Conversas interceptadas mostram quando Costa relata esforços em negócios de interesse de Vorcaro e menciona visitas de sua mulher a um dos imóveis. Em resposta a cobranças, afirmou: “Desculpe dar trabalho. É que estou focado na agenda que combinamos e fico em cima de todos os assuntos até resolver”, enquanto Vorcaro respondeu: “Nada. Isso não é trabalho. Eu sou resolvedor de problemas rsrs”, conforme trecho do processo.

Em outro momento, Vorcaro questiona se Costa manteria interesse no acordo, citando longa parceria e continuidade dos negócios. Costa confirma: “Estou com vc. Continuo no deal mode. Estou virando noite e tentando resolver”, reforçando o alinhamento entre ambos.

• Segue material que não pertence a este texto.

-- ===== src/Network/Announce.antt =====
-- The thread that `main` of src/client.c starts for a file of the command line, in the network.
use grintorrent.Base.{
  ℕ, ◌+◌, ◌≡◌, ◌≢◌, refl, sym, ap, inr, List, [], ◌∷◌, ◌++◌, map, arith, length, Run, ok, ◌>>=◌,
  ==-eq-false, false, ℕ_discrete,
}
use grintorrent.Base.Int.{pos, eqb_ℤ}
use grintorrent.Tfile.{TfileDef}
use grintorrent.Message.{Kernel, info_size, encode_info}
use grintorrent.Message.Send.{Progresses}
use grintorrent.Share.{tfile_info, share_tfile_to_peers}
use grintorrent.Share.Laws.{others, to_each, share_tfile_to_peers-Progresses}
use grintorrent.Share.Wire.{encode_def, IsDef}
use grintorrent.Main.{no_sender_peer}
use grintorrent.Network.{Network, packets, update}
use grintorrent.Network.Members.{Has, IsReady}
use grintorrent.Network.Deliveries.{broadcast, update_self, update_ne, broadcast-source}
use grintorrent.Network.Spread.{IsSpreading, mem-broadcast_target}

pub announce : (ℕ → Kernel) → List ℕ → TfileDef → ℕ → Network → Run Network
announce write padding t o net =
    let at = net.members o in
    do
      (peers, sent) ← share_tfile_to_peers write padding at.peers t no_sender_peer
      ok (record {
        members = update o (record { ht = at.ht; peers = peers }) net.members;
        flight = net.flight ++ packets o sent;
      })

eqb_ℤ-no_sender : (k : ℕ) → eqb_ℤ (pos k) no_sender_peer ≡ false
eqb_ℤ-no_sender k = ==-eq-false (k + 1) 0 (omega arith)

packets-everyone :
    (n : ℕ) (bytes ks : List ℕ)
    → packets n (to_each bytes (others no_sender_peer (map pos ks))) ≡ broadcast n bytes ks
unfolding to_each others broadcast
packets-everyone n bytes [] = refl
packets-everyone n bytes (k ∷ ks) =
    rw (eqb_ℤ-no_sender k)
      (ap (◌∷◌ (record { source = n; target = k; bytes = bytes })) (packets-everyone n bytes ks))

module _ (t : TfileDef) (neighbours : ℕ → List ℕ) (o : ℕ) where
  -- Only one node has the definition, and nothing is under way.
  pub record IsQuiet (net : Network) : Type 0 where
    pub ready : (n : ℕ) → IsReady t (neighbours n) (net.members n)
    pub none : net.flight ≡ []
    pub origin : Has t (net.members o).ht
    pub alone : (n : ℕ) → n ≢ o → ¬ Has t (net.members n).ht

  -- The network in which it is under way to all neighbours of that node.
  abbrev pub announced : List ℕ → Network → Network
  announced padding net = record {
    members =
        update o
          (record {
            ht = (net.members o).ht;
            peers = record (net.members o).peers { locked = false };
          })
          net.members;
    flight = broadcast o (encode_info padding tfile_info ++ encode_def t) (neighbours o);
  }

  pub announce_lem :
      (write : ℕ → Kernel) (padding : List ℕ) (net : Network)
      → IsQuiet net
      → IsDef t
      → ((k : ℕ) → Progresses (write k))
      → ((k : ℕ) → write k 0 info_size ≡ pos info_size)
      → announce write padding t o net ≡ ok (announced padding net)
  unfolding announce
  announce_lem write padding net quiet def up headers =
      let here = quiet.ready o in
      rw
        (
          share_tfile_to_peers-Progresses write padding (net.members o).peers t no_sender_peer
              here.peers def up headers,
          here.joined,
          packets-everyone o (encode_info padding tfile_info ++ encode_def t) (neighbours o),
          quiet.none,
        )
        refl

  module _ (padding : List ℕ) (seven : length padding ≡ 7) (net : Network)
      (quiet : IsQuiet net) where
    pub Has-announced : Has t ((announced padding net).members o).ht
    Has-announced = rw (update_self o _ net.members) quiet.origin

    has_origin : (n : ℕ) → Has t ((announced padding net).members n).ht → n ≡ o
    has_origin n has = elim (ℕ_discrete n o) [
      | yes e ↦ e
      | no ne ↦ absurd (quiet.alone n ne (rw (update_ne o _ net.members n ne) at has))
    ]

    IsReady-after : (n : ℕ) → IsReady t (neighbours n) ((announced padding net).members n)
    IsReady-after n = elim (ℕ_discrete n o) [
      | yes e ↦
          let here = quiet.ready o in
          rw (e, update_self o _ net.members)
            (record {
              table = here.table;
              peers = record {
                free = refl;
                positive = here.peers.positive;
                allocated = here.peers.allocated;
                used = here.peers.used;
              };
              joined = here.joined;
            })
      | no ne ↦ rw (update_ne o _ net.members n ne) (quiet.ready n)
    ]

    pub announced-IsSpreading : IsSpreading t neighbours (announced padding net)
    announced-IsSpreading = record {
      flood = record {
        ready = IsReady-after;
        carried = λ p mem. record {
          padding = padding;
          seven = seven;
          sent = (broadcast-source o _ (neighbours o) p mem).1;
        };
      };
      sources = λ p mem. rw (broadcast-source o _ (neighbours o) p mem).0 Has-announced;
      covered = λ n k has mem. inr (record {
        packet = record {
          source = o;
          target = k;
          bytes = encode_info padding tfile_info ++ encode_def t;
        };
        among =
            mem-broadcast_target o k (encode_info padding tfile_info ++ encode_def t) (neighbours o)
              (rw (has_origin n has) at mem);
        from = sym (has_origin n has);
        to = refl;
      });
    }
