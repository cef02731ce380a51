-- ===== src/Network/Floods.antt =====
-- How long the packets of one definition go on: `readWorker` of src/client.c sends a TFILE_DEF on
-- although `add_htable` returned NULL.
use grintorrent.Base.{
  ℕ, zero, suc, ◌≤◌, ◌<◌, ◌≡◌, ◌≢◌, refl, List, [], ◌∷◌, ◌++◌, arith, length, length-append,
}
use grintorrent.System.{Md5}
use grintorrent.Tfile.{TfileDef, zero_digest}
use grintorrent.Share.Wire.{IsDef}
use grintorrent.Worker.Read.{Round}
use grintorrent.Network.{Packet, Network, Works, Step, reads, Steps, none_yet, one_more}
use grintorrent.Network.Deliveries.{skip, broadcast, IsFlood, Effect, deliver_lem, Step-Effect}

pub length-broadcast : (n : ℕ) (bytes ks : List ℕ) → length (broadcast n bytes ks) ≡ length ks
unfolding broadcast
length-broadcast n bytes [] = refl
length-broadcast n bytes (k ∷ ks) = omega (arith, length-broadcast n bytes ks)

module _ (t : TfileDef) (neighbours : ℕ → List ℕ) where
  module _ (m : Md5) (nz : t.f_hash ≢ zero_digest) (def : IsDef t) where
    -- Where a packet is under way, it can be read.
    pub flood_goes_on :
        (r : Round) (net : Network)
        → Works r
        → IsFlood t neighbours net
        → 0 < length net.flight
        → (net' : Network) × Step m net net'
    flood_goes_on r net works flood some_left = go net.flight refl
      where
        go : (flight : List Packet) → net.flight ≡ flight → (net' : Network) × Step m net net'
        go [] e = absurd (omega (arith, rw e at some_left))
        go (p ∷ rest) e =
            let (net', run, effect) =
              deliver_lem t neighbours m nz def r [] [] rest p net works flood e in
            (net', reads r [] [] rest p works e run)

    pub Steps-IsFlood :
        {net : Network} {c : ℕ} {net' : Network}
        → Steps m net c net'
        → IsFlood t neighbours net
        → IsFlood t neighbours net'
    Steps-IsFlood none_yet f = f
    Steps-IsFlood (one_more steps step) f =
        (Step-Effect t neighbours m nz def (Steps-IsFlood steps f) step).flood

    module _ (cyclic : (f n : ℕ) → 0 < length (skip f (neighbours n))) where
      Effect-length :
          {net net' : Network}
          → Effect t neighbours net net'
          → length net.flight ≤ length net'.flight
      Effect-length effect =
          rw (effect.was, effect.now)
            (omega (
              arith,
              cyclic effect.packet.source effect.packet.target,
              length-append effect.before (effect.packet ∷ effect.after),
              length-append effect.before effect.after,
              length-append (effect.before ++ effect.after) (
                  broadcast effect.packet.target effect.bytes
                    (skip effect.packet.source (neighbours effect.packet.target))),
              length-broadcast effect.packet.target effect.bytes
                  (skip effect.packet.source (neighbours effect.packet.target)),
            ))

      Steps-length :
          {net : Network} {c : ℕ} {net' : Network}
          → Steps m net c net'
          → IsFlood t neighbours net
          → length net.flight ≤ length net'.flight
      Steps-length none_yet f = omega arith
      Steps-length (one_more steps step) f = omega (
        arith,
        Steps-length steps f,
        Effect-length (Step-Effect t neighbours m nz def (Steps-IsFlood steps f) step),
      )

      -- As many packets as there are stay under way.
      pub flood_never_ends :
          (r : Round) (net : Network)
          → Works r
          → IsFlood t neighbours net
          → 0 < length net.flight
          → ((c : ℕ) → (net' : Network) × Steps m net c net')
            × ((c : ℕ) (net' : Network)
                → Steps m net c net'
                → length net.flight ≤ length net'.flight)
      flood_never_ends r net works flood some_left = (run, λ c net' steps. Steps-length steps flood)
        where
          run : (c : ℕ) → (net' : Network) × Steps m net c net'
          run zero = (net, none_yet)
          run (suc c) =
              let (net', steps) = run c in
              let (net'', step) =
                flood_goes_on r net' works (Steps-IsFlood steps flood)
                  (omega (arith, Steps-length steps flood)) in
              (net'', one_more steps step)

Outros envolvidos no caso BRB X Master
Além de Costa, Daniel Monteiro, advogado próximo a Vorcaro, foi preso na mesma operação nesta quinta-feira, 16. Ele é suspeito de estruturar a transferência dos imóveis de luxo por meio de empresas de fachada, de modo a facilitar o repasse dos valores indevidos.
Na quarta etapa da operação, a PF investiga um possível esquema de lavagem de dinheiro utilizado para pagar vantagens ilícitas a servidores públicos. Os crimes apurados incluem corrupção, delitos financeiros e associação criminosa, além de lavagem de dinheiro.